Prima hanno scritto quello che può essere considerato il loro testamento: “Cara Congregazione: l’altro ieri sei dei nostri compagni sono morti con la generosità con cui muoiono i martiri; oggi, il 13 agosto, 20 hanno ricevuto la palma della vittoria e domani, il 14, speriamo che muoiano i rimanenti 21. Gloria a Dio!… Trascorriamo la giornata esultando per il martirio e pregando per i nostri nemici e per il nostro caro Istituto. Quando arriva il momento di designare le vittime, c’è in tutti una santa serenità e un’ansia di sentire il proprio nome, di andare avanti e di entrare nella schiera dei prescelti; aspettiamo il momento con generosa impazienza, e quando è arrivato, abbiamo visto alcuni baciare le corde con cui erano legati, e altri pronunciare parole di perdono alla folla armata: quando sono sul camion diretto al cimitero, li sentiamo gridare Viva Cristo Re! …Domani andremo noi altri e abbiamo già il motto da acclamare, anche se risuonano gli spari, il Cuore di nostra Madre, Cristo Re, la Chiesa cattolica e tu, la Madre comune di tutti noi. …Moriamo tutti felici… moriamo tutti pregando Dio che il sangue che cade dalle nostre ferite non sia sangue vendicatore, ma sangue che, scorrendo rosso e vivo nelle vostre vene, stimoli il tuo sviluppo e la tua espansione nel mondo”.
Dei due giovani seminaristi ricoverati in ospedale come malati, Jaime Falgarona e Atanasio Vidaurreta, i loro compagni di prigione ricordano come, dopo la mezzanotte del 18, quando furono chiamati in ospedale, confessarono a un sacerdote prigioniero e, insieme a diversi altri sacerdoti e laici cattolici, furono condotti, senza processo, al martirio.
Il riconoscimento del loro eroismo di fronte al martirio è stato riconosciuto fin dal primo momento dalla città di Barbastro e dalla Congregazione clarettiana.

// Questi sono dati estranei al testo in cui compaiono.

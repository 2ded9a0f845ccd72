-- ===== src/Worker/Iteration/Delivery.antt =====
-- What the end of an iteration sends, and what it leaves.
use cos516_project.Prelude.{
  ℕ, ◌∷◌, List, All, ◌++◌, ◌≡◌, ap, [], ◌∙◌, sym, append_assoc, refl, append-nil, ◌≢◌, true, false,
  arith, ◌*◌,
}
use cos516_project.Worker.Forward.Buffer.{
  IsBuffer, named_pages, ro_pages, entries, forward_ro_page-ro_pages, forward_ro_page-none_left,
}
use cos516_project.Worker.Forward.{
  broadcast_malloc_chunk, broadcast_eoi, Page, Platform, end_pages, Sender, send,
}
use cos516_project.Worker.Iteration.{
  run_iteration, sends_eoi, send_pages, Worker, end_iter, Runtime, send_iteration, Stages,
  update_shadows, send_mallocs,
}
use cos516_project.Worker.Forward.Pages.{IsPlatform, end_pages-IsUntouched, IsUntouched}
use cos516_project.Worker.Iteration.Turns.{IsStage, IsOf, turn, run_iteration_iff, sends_eoi_lem}
use cos516_project.Worker.Forward.ReadOnly.{
  readonly_pages, Adds, IsPage, readonly_page, end_pages-Adds, calls-Adds, Adds-trans,
}

-- The pages of a worker, in the order of the loops.
abbrev all_pages : Worker → List Page
all_pages w = w.shadow_globals ++ (w.shadow_stacks ++ w.shadow_heaps)

readonly_pages-append :
    (ps qs : List Page) → readonly_pages (ps ++ qs) ≡ readonly_pages ps ++ readonly_pages qs
readonly_pages-append [] qs = refl
readonly_pages-append (p ∷ ps) qs =
    ap (◌++◌ (readonly_page p)) (readonly_pages-append ps qs)
    ∙ sym (append_assoc (readonly_page p) (readonly_pages ps) (readonly_pages qs))

-- The pages of a worker, those of each loop, and its buffer are well formed.
pub record IsWorker (w : Worker) : Type 0 where
  pub globals : All IsPage w.shadow_globals
  pub stacks : All IsPage w.shadow_stacks
  pub heaps : All IsPage w.shadow_heaps
  pub buffer : IsBuffer w.sender

-- The sender after the three loops.
abbrev after_loops : Platform → Worker → Sender
after_loops u w =
    let globals = end_pages u w.shadow_globals w.sender in
    let stacks = end_pages u w.shadow_stacks globals.0 in (end_pages u w.shadow_heaps stacks.0).0

after_loops-Adds :
    (u : Platform) (w : Worker)
    → IsPlatform u
    → IsWorker w
    → Adds w.sender (readonly_pages (all_pages w)) (after_loops u w)
after_loops-Adds u w hu hw =
    let (g, st, hp) : List Page × List Page × List Page =
      (w.shadow_globals, w.shadow_stacks, w.shadow_heaps) in
    let s1 = (end_pages u g w.sender).0 in
    let s2 = (end_pages u st s1).0 in
    let a = end_pages-Adds u g w.sender hu hw.globals hw.buffer in
    let b = end_pages-Adds u st s1 hu hw.stacks a.0 in
    let c = end_pages-Adds u hp s2 hu hw.heaps b.0 in
    let bc = Adds-trans s1 s2 (after_loops u w) (readonly_pages st) (readonly_pages hp) b c in
    let (ok, total) = Adds-trans w.sender s1 (after_loops u w) (readonly_pages g) _ a bc in
    (
      ok,
      total
          ∙ ap (◌++◌ (ro_pages w.sender)) (
              sym (
                readonly_pages-append g (st ++ hp)
                ∙ ap (◌++◌ (readonly_pages g)) (readonly_pages-append st hp))),
    )

-- From `w` to `t`: the calls name, after those that they named before and those that waited, every
-- touched page that was read and not written, in order; none waits, and no page is marked.
pub record Delivered (w t : Worker) : Type 0 where
  pub named : named_pages t.sender.calls ≡ ro_pages w.sender ++ readonly_pages (all_pages w)
  none_waits : entries t.sender.data_ ≡ []
  globals_clear : All IsUntouched t.shadow_globals
  stacks_clear : All IsUntouched t.shadow_stacks
  heaps_clear : All IsUntouched t.shadow_heaps
  pub buffer : IsBuffer t.sender

send_pages-Delivered :
    (u : Platform) (w : Worker) → IsPlatform u → IsWorker w → Delivered w (send_pages u w)
unfolding send_pages
send_pages-Delivered u w hu hw =
    let g = end_pages u w.shadow_globals w.sender in
    let st = end_pages u w.shadow_stacks g.0 in
    let (full, total) = after_loops-Adds u w hu hw in
    let (ok, same) = forward_ro_page-ro_pages u.buffer_address (after_loops u w) full in
    let left = forward_ro_page-none_left u.buffer_address (after_loops u w) full in
    record {
      named = sym (append-nil _) ∙ ap (◌++◌ _) (sym left) ∙ same ∙ total;
      none_waits = left;
      globals_clear = end_pages-IsUntouched u w.shadow_globals w.sender hu;
      stacks_clear = end_pages-IsUntouched u w.shadow_stacks g.0 hu;
      heaps_clear = end_pages-IsUntouched u w.shadow_heaps st.0 hu;
      buffer = ok;
    }

mallocs-Adds :
    (r : Runtime) (w : Worker) → IsBuffer w.sender → Adds w.sender [] (send_mallocs r w).sender
unfolding send_mallocs
mallocs-Adds r w h =
    calls-Adds (broadcast_malloc_chunk w.malloc_elem (w.malloc_index * r.malloc_instance_size) ∷ [])
      w.sender refl h

send_mallocs-Delivered :
    (u : Platform) (r : Runtime) (w : Worker)
    → IsPlatform u
    → IsWorker w
    → Delivered w (send_pages u (send_mallocs r w))
unfolding send_mallocs
send_mallocs-Delivered u r w hu hw =
    let (ok, same) = mallocs-Adds r w hw.buffer in
    let d =
      send_pages-Delivered u (send_mallocs r w) hu
        (record { globals = hw.globals; stacks = hw.stacks; heaps = hw.heaps; buffer = ok }) in
    record {
      named =
          d.named
          ∙ ap (λ (ps : List ℕ). ps ++ readonly_pages (all_pages w))
              (same ∙ append-nil (ro_pages w.sender));
      none_waits = d.none_waits;
      globals_clear = d.globals_clear;
      stacks_clear = d.stacks_clear;
      heaps_clear = d.heaps_clear;
      buffer = d.buffer;
    }

-- The worker as the loops find it, after the predicted values are marked.
abbrev pub updated : Runtime → Worker → Worker
updated h w = record w {
  shadow_globals = update_shadows h w.shadow_globals;
  shadow_stacks = update_shadows h w.shadow_stacks;
  shadow_heaps = update_shadows h w.shadow_heaps;
}

-- Where the pages, the buffer, the stage and the functions of utils.h are well formed, the worker
-- whose turn it is names every touched page that was read and not written in its calls, leaves
-- none waiting and no page marked, empties the allocation buffer, sends the EOI last, and
-- advances the iteration.
pub end_iter-Delivered :
    (st : Stages) (u : Platform) (h : Runtime) (stage wid : ℕ) (w : Worker)
    → IsStage st stage
    → IsPlatform u
    → IsOf st stage wid
    → wid ≡ turn st stage w.iter
    → IsWorker (updated h w)
    → (t : Worker) × Delivered (updated h w) t
      × (t.malloc_index ≡ 0)
      × (t.iter ≡ w.iter)
      × (end_iter st u h wid w
          ≡ record t { sender = send broadcast_eoi t.sender; iter = h.advance_iter w.iter })
unfolding end_iter send_iteration send_pages send_mallocs
end_iter-Delivered st u h stage wid w hst hu hof mine hw =
    let runs : run_iteration st wid w.iter ≡ true =
      (run_iteration_iff st stage wid w.iter hst hof).1 mine in
    let tells : sends_eoi st wid w.iter ≡ true = sends_eoi_lem st stage wid w.iter hst hof ∙ runs in
    (
      send_iteration u h w,
      send_mallocs-Delivered u h (updated h w) hu hw,
      refl,
      refl,
      rw (runs, tells) refl,
    )

-- A worker of a well-formed stage whose turn it is not only advances the iteration.
end_iter_idle :
    (st : Stages) (u : Platform) (h : Runtime) (stage wid : ℕ) (w : Worker)
    → IsStage st stage
    → IsOf st stage wid
    → wid ≢ turn st stage w.iter
    → end_iter st u h wid w ≡ record w { iter = h.advance_iter w.iter }
unfolding end_iter
end_iter_idle st u h stage wid w hst hof other =
    let rests : run_iteration st wid w.iter ≡ false =
      ground (arith, other, (run_iteration_iff st stage wid w.iter hst hof).0) in
    let quiet : sends_eoi st wid w.iter ≡ false =
      sends_eoi_lem st stage wid w.iter hst hof ∙ rests in
    rw (rests, quiet) refl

Era molto chiaro, sia nella testimonianza del loro martirio che nei loro scritti, il loro amore appassionato e senza riserve per Gesù Cristo, la loro devozione filiale al Cuore di Maria, la loro appartenenza gioiosa e impegnata alla Chiesa e alla Congregazione, il loro profondo affetto per le loro famiglie e il loro desiderio di riconciliazione e perdono per coloro che hanno tolto loro la vita. Eredi dello spirito apostolico di Sant’Antonio Maria Claret, erano stati attenti alle sfide missionarie del loro tempo, si erano mostrati sensibili ai più svantaggiati del loro tempo, gli operai, e si stavano preparando con entusiasmo e uno sguardo universale per un ministero che era già vicino.